Saturday, October 26, 2013

ARC review: Money A Love Story by Kate Northrup

Many thanks to Net Galley and Hay House publishing for providing me with the advanced reader's copy of this book in exchange for an honest review.
Book Synapsis(via Goodreads):
   Having a good relationship with money is tough—whether you have millions in the bank or just a few bucks to your name. Why? Because just like any other relationship, your life with money has its ups and downs, its twists and turns, its breakups and makeups. And just like other relationships, living happily with money really comes down to love. In fact, love is such an essential part of getting and keeping your financial house in order that money maven Kate Northrup made it the basis of her book.     After taking the Money Love Quiz to see where on the spectrum your relationship with money stands—somewhere between “on the outs” and “it’s true love!”—Northrup takes you on a rollicking ride to a better understanding of yourself and your money. Step-by-step exercises that address both the emotional and practical aspects of your financial life help you figure out your personal perceptions of money and wealth and how to change them for the better. You’ll learn about thought patterns that may be holding you back from earning what you’re worth or saving what you can. You’ll learn how to chart your current financial life and create a plan to get you to where you want to be—whether that’s earning enough to live in a penthouse in Manhattan or a cabin in the Rockies.     Using client stories and her own saga of moving from $20,000 in debt to complete financial freedom by the age of 28, Northrup acts as a guide in your quest for personal financial freedom. She’ll teach you how to shift your beliefs about money, create a budget, spend in line with your values, get out of debt, and so much more. In short, she’ll teach you to love your money, so you can love your life.
This insomniac's opinion:
I read this book because I've realized lately how negative my thoughts and feelings are toward money. Even though I live very comfortably, money is a constant source of stress for me. I am always worried about not having enough and it is not a comfortable place to be.

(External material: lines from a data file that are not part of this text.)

-- ===== src/Observer/Workloads.antt =====
-- internal/observer/handlers.go: what is narrated of DaemonSets, Deployments and the GPUs of nodes. The
-- maps `workload` and `gpuQty` have one entry for a resource, under the reason that is narrated of it.
-- Counts of replicas are never negative, and a quantity is a number of its smallest unit.
pub mod Capacity
use aicrme.Prelude.{
  ℕ, String, str_append, str_eq, Bool, true, false, List, [], ◌∷◌, Option, none, some, ltb, leb,
  ◌==◌, if◌then◌else◌,
}
use aicrme.Bus.Cluster.{ClusterData, Severity, info, warn}
use aicrme.Observer.Pods.{StateKey}
use aicrme.Observer.Tracked.{Tracked, tracked, track, drop_resource}
use aicrme.Observer.Conditions.{Narration}

pub record DaemonSet : Type 0 where
  pub namespace : String
  pub name : String
  pub uid : String
  pub ready : ℕ
  pub desired : ℕ

-- `replicas` is `Spec.Replicas`, which may be nil.
pub record Deployment : Type 0 where
  pub namespace : String
  pub name : String
  pub uid : String
  pub ready : ℕ
  pub replicas : Option ℕ
  pub generation : ℕ
  pub observed_generation : ℕ

-- `gpus` is the entry of `Status.Allocatable`, if there is one.
pub record Node : Type 0 where
  pub name : String
  pub uid : String
  pub gpus : Option ℕ

abbrev pub reason_rollout : String
reason_rollout = "RolloutProgress"

abbrev pub reason_gpu_allocatable : String
reason_gpu_allocatable = "GPUAllocatable"

-- The maps `workload` and `gpuQty`.
pub record Capacities : Type 0 where
  pub workload : Tracked String
  pub gpu_qty : Tracked ℕ

abbrev pub ds_key : DaemonSet → StateKey
ds_key ds = record { kind = "DaemonSet"; namespace = ds.namespace; name = ds.name; uid = ds.uid }

abbrev pub deploy_key : Deployment → StateKey
deploy_key d = record { kind = "Deployment"; namespace = d.namespace; name = d.name; uid = d.uid }

abbrev pub node_key : Node → StateKey
node_key n = record { kind = "Node"; namespace = ""; name = n.name; uid = n.uid }

abbrev pub deploy_desired : Deployment → ℕ
deploy_desired d = elim d.replicas [ none ↦ 1 | some n ↦ n ]

abbrev pub node_gpus : Node → ℕ
node_gpus n = elim n.gpus [ none ↦ 0 | some q ↦ q ]

-- `decimal` is `%d`.
unfoldable pub ds_summary : (ℕ → String) → DaemonSet → String
ds_summary decimal ds =
    str_append (decimal ds.ready) (str_append "/" (str_append (decimal ds.desired) " nodes ready"))

unfoldable pub deploy_summary : (ℕ → String) → Deployment → String
deploy_summary decimal d =
    str_append (decimal d.ready) (str_append "/" (str_append (decimal (deploy_desired d)) " ready"))

abbrev pub rollout_data : StateKey → ℕ → ℕ → Bool → ClusterData
rollout_data key ready desired resolved = record {
  kind = key.kind;
  namespace = key.namespace;
  name = key.name;
  uid = key.uid;
  container = "";
  reason = reason_rollout;
  ready = ready;
  desired = desired;
  severity = info;
  resolved = resolved;
  at = 0;
}

abbrev pub is_same_summary : Option String → String → Bool
is_same_summary none summary = false
is_same_summary (some prev) summary = str_eq prev summary

unfoldable pub on_daemon_set : (ℕ → String) → DaemonSet → Capacities → Capacities × List Narration
unfolding ds_summary tracked track
on_daemon_set decimal ds m =
    let summary = ds_summary decimal ds in
    if is_same_summary (tracked (ds_key ds) reason_rollout m.workload) summary then (m, []) else (
      record m { workload = track (ds_key ds) reason_rollout summary m.workload },
      record {
        ns = ds.namespace;
        cd = rollout_data (ds_key ds) ds.ready ds.desired (leb ds.desired ds.ready);
      }
          ∷ [],
    )

unfoldable pub on_deployment : (ℕ → String) → Deployment → Capacities → Capacities × List Narration
unfolding deploy_summary tracked track
on_deployment decimal d m =
    let summary = deploy_summary decimal d in
    if ltb d.observed_generation d.generation
    then (m, [])
    else if is_same_summary (tracked (deploy_key d) reason_rollout m.workload) summary
    then (m, [])
    else (
      record m { workload = track (deploy_key d) reason_rollout summary m.workload },
      record {
        ns = d.namespace;
        cd =
            rollout_data (deploy_key d) d.ready (deploy_desired d) (leb (deploy_desired d) d.ready);
      }
          ∷ [],
    )

unfoldable pub allocatable_severity : ℕ → ℕ → Severity
allocatable_severity prev cur = if ltb cur prev then warn else info

unfoldable pub node_data : Node → Severity → Bool → ClusterData
node_data n severity resolved = record {
  kind = "Node";
  namespace = "";
  name = n.name;
  uid = n.uid;
  container = "";
  reason = reason_gpu_allocatable;
  ready = 0;
  desired = 0;
  severity = severity;
  resolved = resolved;
  at = 0;
}

unfoldable pub node_changed : Node → Option ℕ → Capacities → Capacities × List Narration
unfolding track node_data allocatable_severity
node_changed n none m =
    (record m { gpu_qty = track (node_key n) reason_gpu_allocatable (node_gpus n) m.gpu_qty }, [])
node_changed n (some prev) m = if prev == node_gpus n then (m, []) else (
  record m { gpu_qty = track (node_key n) reason_gpu_allocatable (node_gpus n) m.gpu_qty },
  record {
    ns = "";
    cd = node_data n (allocatable_severity prev (node_gpus n)) (leb prev (node_gpus n));
  }
      ∷ [],
)

unfoldable pub on_node : Node → Capacities → Capacities × List Narration
unfolding node_changed tracked
on_node n m = node_changed n (tracked (node_key n) reason_gpu_allocatable m.gpu_qty) m

-- `onAdd` and `onDelete` on a node.
unfoldable pub on_node_add : Node → Capacities → Capacities
unfolding track
on_node_add n m = record m {
  gpu_qty = track (node_key n) reason_gpu_allocatable (node_gpus n) m.gpu_qty;
}

unfoldable pub on_node_delete : Node → Capacities → Capacities × List Narration
unfolding tracked drop_resource node_data
on_node_delete n m = elim (tracked (node_key n) reason_gpu_allocatable m.gpu_qty) [
  | none ↦ (m, [])
  | some prev ↦ (
    record m { gpu_qty = drop_resource (node_key n) m.gpu_qty },
    record { ns = ""; cd = node_data n info true } ∷ [],
  )
]

-- `onAdd` on a DaemonSet and on a Deployment.
unfoldable pub on_daemon_set_add : (ℕ → String) → DaemonSet → Capacities → Capacities
unfolding ds_summary track
on_daemon_set_add decimal ds m = record m {
  workload = track (ds_key ds) reason_rollout (ds_summary decimal ds) m.workload;
}

unfoldable pub on_deployment_add : (ℕ → String) → Deployment → Capacities → Capacities
unfolding deploy_summary track
on_deployment_add decimal d m = record m {
  workload = track (deploy_key d) reason_rollout (deploy_summary decimal d) m.workload;
}

-- `onDelete` on a DaemonSet or a Deployment with these counts.
unfoldable pub on_workload_delete : StateKey → ℕ → ℕ → Capacities → Capacities × List Narration
unfolding tracked drop_resource
on_workload_delete key ready desired m = elim (tracked key reason_rollout m.workload) [
  | none ↦ (m, [])
  | some prev ↦ (
    record m { workload = drop_resource key m.workload },
    record { ns = key.namespace; cd = rollout_data key ready desired true } ∷ [],
  )
]
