-- ===== src/Observer/Workloads/Capacity.antt =====
-- internal/observer/handlers.go: the GPUs of a node that come back in part.
use aicrme.Prelude.{ℕ, ◌<◌, ◌≡◌, eq_iff, false, not, List, ◌++◌, some, arith, ltb}
use aicrme.Observer.Tracked.{tracked, tracked-track, key_eq_iff}
use aicrme.Observer.Conditions.{Narration}
use aicrme.Observer.Conditions.Sweep.{outstanding}
use aicrme.Observer.Workloads.{
  Node, Capacities, node_key, reason_gpu_allocatable, on_node, node_changed, node_data,
}

-- What is narrated when a node has this many GPUs, and then that many.
abbrev pub two_changes : Node → ℕ → ℕ → Capacities → List Narration
two_changes n first second m =
    let (m', ns) = on_node (record n { gpus = some first }) m in
    ns ++ (on_node (record n { gpus = some second }) m').1

-- A loss of GPUs is outstanding while the node has fewer and fewer, but the first GPU that comes back
-- resolves it, however many are still missing.
pub partial_return_resolves :
    (n : Node) (before first second : ℕ) (m : Capacities)
    → tracked (node_key n) reason_gpu_allocatable m.gpu_qty ≡ some before
    → first < before
    → second < before
    → outstanding n.uid reason_gpu_allocatable false (two_changes n first second m)
      ≡ not (ltb first second)
unfolding on_node node_changed node_data outstanding
partial_return_resolves n before first second m h f s = ground (
  arith,
  h,
  f,
  s,
  key_eq_iff (node_key n) (node_key n),
  eq_iff n.uid n.uid,
  tracked-track (node_key n) (node_key n) reason_gpu_allocatable reason_gpu_allocatable first
      m.gpu_qty,
)
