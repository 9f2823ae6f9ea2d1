-- ===== src/Telemetry.antt =====
-- telemetry/: the totals that outlive a run, the metrics, and the endpoint that shows them.
pub mod StatsStore
pub mod HttpServer
pub mod Metrics
pub mod Scrape
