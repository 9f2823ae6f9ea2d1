-- ===== src/Util.antt =====
-- util/: the hexadecimal codec. (util/platform.cpp only calls the operating system.)
pub mod Hex
pub mod Decimal
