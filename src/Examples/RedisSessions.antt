-- ===== src/Examples/RedisSessions.antt =====
-- The Redis store of src/redis on its in-memory double.
use Prim.Native.String.{◌++◌}
use text.Mathlib.TextLemmas.{append_assoc, append_inj}
use sapo_engine.Prelude.Map.{lookup, insert, erase}
use sapo_engine.Prelude.{
  Bool, String, ◌≡◌, ◌≢◌, refl, sym, ◌∙◌, ap, some, none, Option, List, [], ◌∷◌, if◌then◌else◌,
  str_eq, eq_iff, inr, arith, true, false,
}
use sapo_engine.Prelude.Int.{ℤ, pos, negsuc, ◌+ℤ◌}
use sapo_engine.Prelude.Decimal.{IsInt64}
use sapo_engine.Json.{Json, number_integer, string, object}
use sapo_engine.StateStore
use sapo_engine.StateStore.{
  SessionCheckpoint, SaveOutcome, empty_checkpoint, waiting, completed, version_conflict,
  status_name,
}
use sapo_engine.StateStore.Cas.{Op, save_op, save_if_op, remove_op, run, step}
use sapo_engine.StateStore.Documents.{
  Numbers, ReadsNumbers, to_json, from_json, from_json-to_json, find_member,
}
use sapo_engine.Redis.Values.{Outcome}
use sapo_engine.Redis.Keyspace.{Mock}
use sapo_engine.Redis.Client.{mock_client, new_mock}
use sapo_engine.Redis.Live.{live}
use sapo_engine.Redis.Store.{save_if, load, try_claim, release_claim}
use sapo_engine.Redis.Layout.{JsonText, default_options, index_key, session_key, serialize}
use sapo_engine.Redis.Sessions.{IsSeparate, IsUp}
use sapo_engine.Redis.Refinement.{IsReady, CanWrite, save_if-refines}
use sapo_engine.Redis.Reads.{load-refines}
use sapo_engine.Redis.Runs.{redis_run, CanRun, run-refines, redis_once}
use sapo_engine.Redis.Claims.{try_claim-claimed}
use sapo_engine.Redis.Scripts.{exists_entry}
use sapo_engine.Redis.Exclusion.{
  ClaimOp, claim_op, release_op, wait_op, claim_run, claim_excludes, late_claim_lost,
}

apart : ◌≢◌ {A = String} "sapo:i" "sapo:s"
apart = ground (arith, eq_iff "sapo:i" "sapo:s")

prefixes_apart : (x id : String) → "sapo:idx:" ++ x ≢ "sapo:session:" ++ id
prefixes_apart x id h = apart (
    (append_inj (sym (append_assoc "sapo:i" "dx:" x) ∙ h ∙ append_assoc "sapo:s" "ession:" id)
      refl).0)

-- The default prefixes differ at their sixth character.
IsSeparate-defaults : IsSeparate default_options
unfolding index_key session_key
IsSeparate-defaults id none h = prefixes_apart "all" id h
IsSeparate-defaults id (some s) h = prefixes_apart (status_name s) id h

abbrev numbers : Numbers
numbers = record {
  to_int64 = λ v. elim v [ number_integer n ↦ some n | _ ↦ none ];
  to_size =
      λ v. elim v [ number_integer n ↦ elim n [ pos k ↦ some k | negsuc k ↦ none ] | _ ↦ none ];
}

reads : ReadsNumbers numbers
reads = record { reads_int64 = λ n. refl; reads_size = λ n. refl }

abbrev parked : SessionCheckpoint
parked = record empty_checkpoint {
  session_id = "s1";
  status = waiting;
  cursor = "menu";
  updated_ms = pos 1700;
}

abbrev resumed : SessionCheckpoint
resumed = record empty_checkpoint {
  session_id = "s1";
  status = completed;
  cursor = "end";
  updated_ms = pos 1800;
}

-- A library that writes a document as its cursor, and knows two texts.
abbrev cursor_of : Option Json → String
cursor_of (some (string s)) = s
cursor_of _ = ""

abbrev dump : Json → String
dump (object fs) = cursor_of (find_member "cursor" fs)
dump _ = ""

abbrev json : JsonText
json = record {
  dump = dump;
  dump_indented = dump;
  parse = λ text.
      if str_eq text "menu"
      then some (to_json parked)
      else if str_eq text "end"
      then some (to_json resumed)
      else none;
  numbers = numbers;
}

from_json-to_json_example : from_json numbers (to_json parked) ≡ some parked
from_json-to_json_example = from_json-to_json numbers reads parked

up : IsUp new_mock
up = record { up_running = refl; up_healthy = refl; up_scripts = refl }

ready : IsReady json default_options new_mock []
unfolding live lookup
ready = record {
  is_up = up;
  separate_keys = IsSeparate-defaults;
  atomic = refl;
  ttl_range = omega arith;
  reads_numbers = reads;
  represents = λ id. tt;
}

id_given : ◌≢◌ {A = String} "s1" ""
id_given = ground (arith, eq_iff "s1" "")

can_park :
    (m : StateStore.Store)
    → IsInt64 (StateStore.current_version m "s1" +ℤ pos 1)
    → CanWrite json default_options m parked
unfolding serialize to_json find_member
can_park m next = record {
  has_id = id_given;
  prints = refl;
  dated = omega arith;
  next_version = next;
}

can_resume :
    (m : StateStore.Store)
    → IsInt64 (StateStore.current_version m "s1" +ℤ pos 1)
    → CanWrite json default_options m resumed
unfolding serialize to_json find_member
can_resume m next = record {
  has_id = id_given;
  prints = refl;
  dated = omega arith;
  next_version = next;
}

abbrev calls : List Op
calls = save_op parked ∷ save_if_op resumed (pos 1) ∷ remove_op "s1" ∷ []

can_call : CanRun json default_options [] calls
unfolding StateStore.save StateStore.save_if StateStore.current_version StateStore.version_in lookup
    insert erase ◌+ℤ◌
can_call = (
  can_park [] (omega arith),
  (can_resume (StateStore.save [] parked) (omega arith), omega arith, omega arith, (id_given, tt)),
)

run-refines_example :
    IsReady json default_options (redis_run json default_options new_mock calls) (run [] calls)
run-refines_example = run-refines json default_options new_mock [] calls ready can_call

save_if-refines_example :
    ((save_if mock_client json default_options new_mock parked (pos 0)).1
      ≡ some (StateStore.save_if [] parked (pos 0)).1)
    × IsReady json default_options
        (save_if mock_client json default_options new_mock parked (pos 0)).0
        (StateStore.save_if [] parked (pos 0)).0
unfolding StateStore.current_version StateStore.version_in lookup ◌+ℤ◌
save_if-refines_example =
    save_if-refines json default_options new_mock [] parked ready (can_park [] (omega arith))
      (pos 0) (omega arith) (omega arith)

-- The double and the in-memory store with one session.
abbrev one_call : List Op
one_call = save_op parked ∷ []

abbrev parked_mock : Mock
parked_mock = redis_run json default_options new_mock one_call

can_save : CanRun json default_options [] one_call
unfolding StateStore.current_version StateStore.version_in lookup ◌+ℤ◌
can_save = (can_park [] (omega arith), tt)

load-refines_example :
    ((load mock_client json default_options parked_mock "s1").1
      ≡ some (StateStore.load (run [] one_call) "s1"))
    × IsReady json default_options
        (load mock_client json default_options parked_mock "s1").0
        (run [] one_call)
load-refines_example =
    load-refines json default_options parked_mock (run [] one_call) "s1"
      (run-refines json default_options new_mock [] one_call ready can_save) id_given

abbrev between : List Op
between = save_if_op resumed (pos 1) ∷ []

redis_once_example :
    (w : ℤ) × ((save_if mock_client json default_options
        (redis_run json default_options
          (save_if mock_client json default_options new_mock parked (pos 0)).0
          between)
        resumed
        (pos 0)).1
      ≡ some (record { result = version_conflict; version = w }))
unfolding StateStore.save_if StateStore.current_version StateStore.version_in StateStore.is_some
    lookup insert erase ◌+ℤ◌ run step
redis_once_example =
    redis_once json default_options new_mock [] parked resumed (pos 0) between ready refl
      (omega arith) (omega arith) (can_park [] (omega arith))
      (
        can_resume (StateStore.save_if [] parked (pos 0)).0 (omega arith),
        omega arith,
        omega arith,
        tt,
      )
      (can_resume (run (StateStore.save_if [] parked (pos 0)).0 between) (omega arith)) refl tt

-- Claims of two executions, with calls about another session and time between.
abbrev others : List ClaimOp
others =
    claim_op "s2" "exec2" (pos 5000)
    ∷ release_op "s1" "exec2"
    ∷ wait_op 4000
    ∷ claim_op "s1" "exec3" (pos 9)
    ∷ []

given : (a : String) → str_eq a "" ≡ false → a ≢ ""
given a h e = ground (arith, (eq_iff a "").1 e)

first_taken : (try_claim mock_client default_options new_mock "s1" "exec1" (pos 5000)).1 ≡ some true
unfolding live lookup exists_entry
first_taken =
    ap (λ (p : Outcome Mock Bool). p.1)
      (try_claim-claimed default_options new_mock "s1" "exec1" (pos 5000) up
        (given "s1" refl, given "exec1" refl) (omega arith) (omega arith))

late_taken :
    (try_claim mock_client default_options
      (record new_mock { now_ms = pos 6000 })
      "s1"
      "exec1"
      (pos 5000)).1
    ≡ some true
unfolding live lookup exists_entry
late_taken =
    ap (λ (p : Outcome Mock Bool). p.1)
      (try_claim-claimed default_options (record new_mock { now_ms = pos 6000 }) "s1" "exec1"
        (pos 5000) (record { up_running = refl; up_healthy = refl; up_scripts = refl })
        (given "s1" refl, given "exec1" refl) (omega arith) (omega arith))

claim_excludes_example :
    ((try_claim mock_client default_options
        (claim_run default_options
          (try_claim mock_client default_options new_mock "s1" "exec1" (pos 5000)).0
          others)
        "s1"
        "exec4"
        (pos 5000)).1
      ≡ some false)
    × ((release_claim mock_client default_options
          (claim_run default_options
            (try_claim mock_client default_options new_mock "s1" "exec1" (pos 5000)).0
            others)
          "s1"
          "exec1").1
        ≡ some true)
unfolding ◌+ℤ◌
claim_excludes_example =
    claim_excludes default_options new_mock "s1" "exec1" "exec4" (pos 5000) (pos 5000) others up
      (given "s1" refl, given "exec1" refl) (omega arith) (omega arith) (omega arith) first_taken
      (
        (given "s2" refl, given "exec2" refl),
        omega arith,
        omega arith,
        (
          (given "s1" refl, given "exec2" refl),
          inr (λ e. ground (arith, eq_iff "exec1" "exec2")),
          (omega arith, ((given "s1" refl, given "exec3" refl), omega arith, omega arith, tt)),
        ),
      )
      (given "s1" refl, given "exec4" refl) (omega arith) (omega arith)

abbrev late : Mock
late = record new_mock { now_ms = pos 6000 }

late_claim_lost_example :
    (try_claim mock_client default_options
      (try_claim mock_client default_options late "s1" "exec1" (pos 5000)).0
      "s1"
      "exec2"
      (pos 5000)).1
    ≡ some true
late_claim_lost_example =
    late_claim_lost default_options late "s1" "exec1" "exec2" (pos 5000) (pos 5000)
      (record { up_running = refl; up_healthy = refl; up_scripts = refl })
      (given "s1" refl, given "exec1" refl) (omega arith) (omega arith) (omega arith) late_taken
      (given "s1" refl, given "exec2" refl) (omega arith) (omega arith)
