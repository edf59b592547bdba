-- ===== src/Workflow.antt =====
-- The parsed workflow, src/parser/AstNodes.hpp: the fields of a node by which the interpreter
-- routes control, and the index of a workflow. A node's expressions and payloads are read by its
-- task alone, and stand behind the task interface of `Interpreter.State`.
use sapo_engine.Prelude.{ℕ, String, Bool, Option, List}
use sapo_engine.Prelude.Map.{Assoc, lookup}

pub data TaskType : Type 0 where
  noop transform query command event loop loop_control choice condition wait schedule : TaskType
  subflow script parallel terminate action try : TaskType

pub record RetryPolicy : Type 0 where
  pub max_attempts : ℕ
  pub retry_on : List String

pub record LoopNode : Type 0 where
  pub iterator : String
  pub index : String
  pub body : List String
  pub max_iterations : ℕ
  pub on_item_error : String

pub record TryNode : Type 0 where
  pub body : List String
  pub catch_body : List String
  pub finally_body : List String
  pub error_variable : String
  pub catch_when : Assoc String

pub record ConditionNode : Type 0 where
  pub on_true : String
  pub on_false : Option String
  pub then_body : List String
  pub else_body : List String

-- A node by its class: the four that the interpreter runs itself, and those that a task runs.
pub data NodeKind : Type 0 where
  loop_kind : LoopNode → NodeKind
  try_kind : TryNode → NodeKind
  condition_kind : ConditionNode → NodeKind
  parallel_kind : NodeKind
  task_kind : TaskType → NodeKind

pub record Node : Type 0 where
  pub id : String
  pub next : Option String
  pub on_error : Option String
  pub retry : Option RetryPolicy
  pub enabled : Bool
  pub kind : NodeKind

pub record ParsedWorkflow : Type 0 where
  pub entry_id : String
  pub index : Assoc Node

unfoldable pub find : ParsedWorkflow → String → Option Node
find w node_id = lookup node_id w.index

I am conflicted on this book. On the one hand, Kate's story is not relatable to the average Joe. She has always been wealthy and went into debt by living way above her means. However, she is down-to-Earth and honest. On the other hand, there are some great suggestions and thoughts in this book.
Worth staying up all night to read?
Much like any non-fiction book, it's not really a page-turner!
Rating: 3 stars- good information at times, but not relatable to most.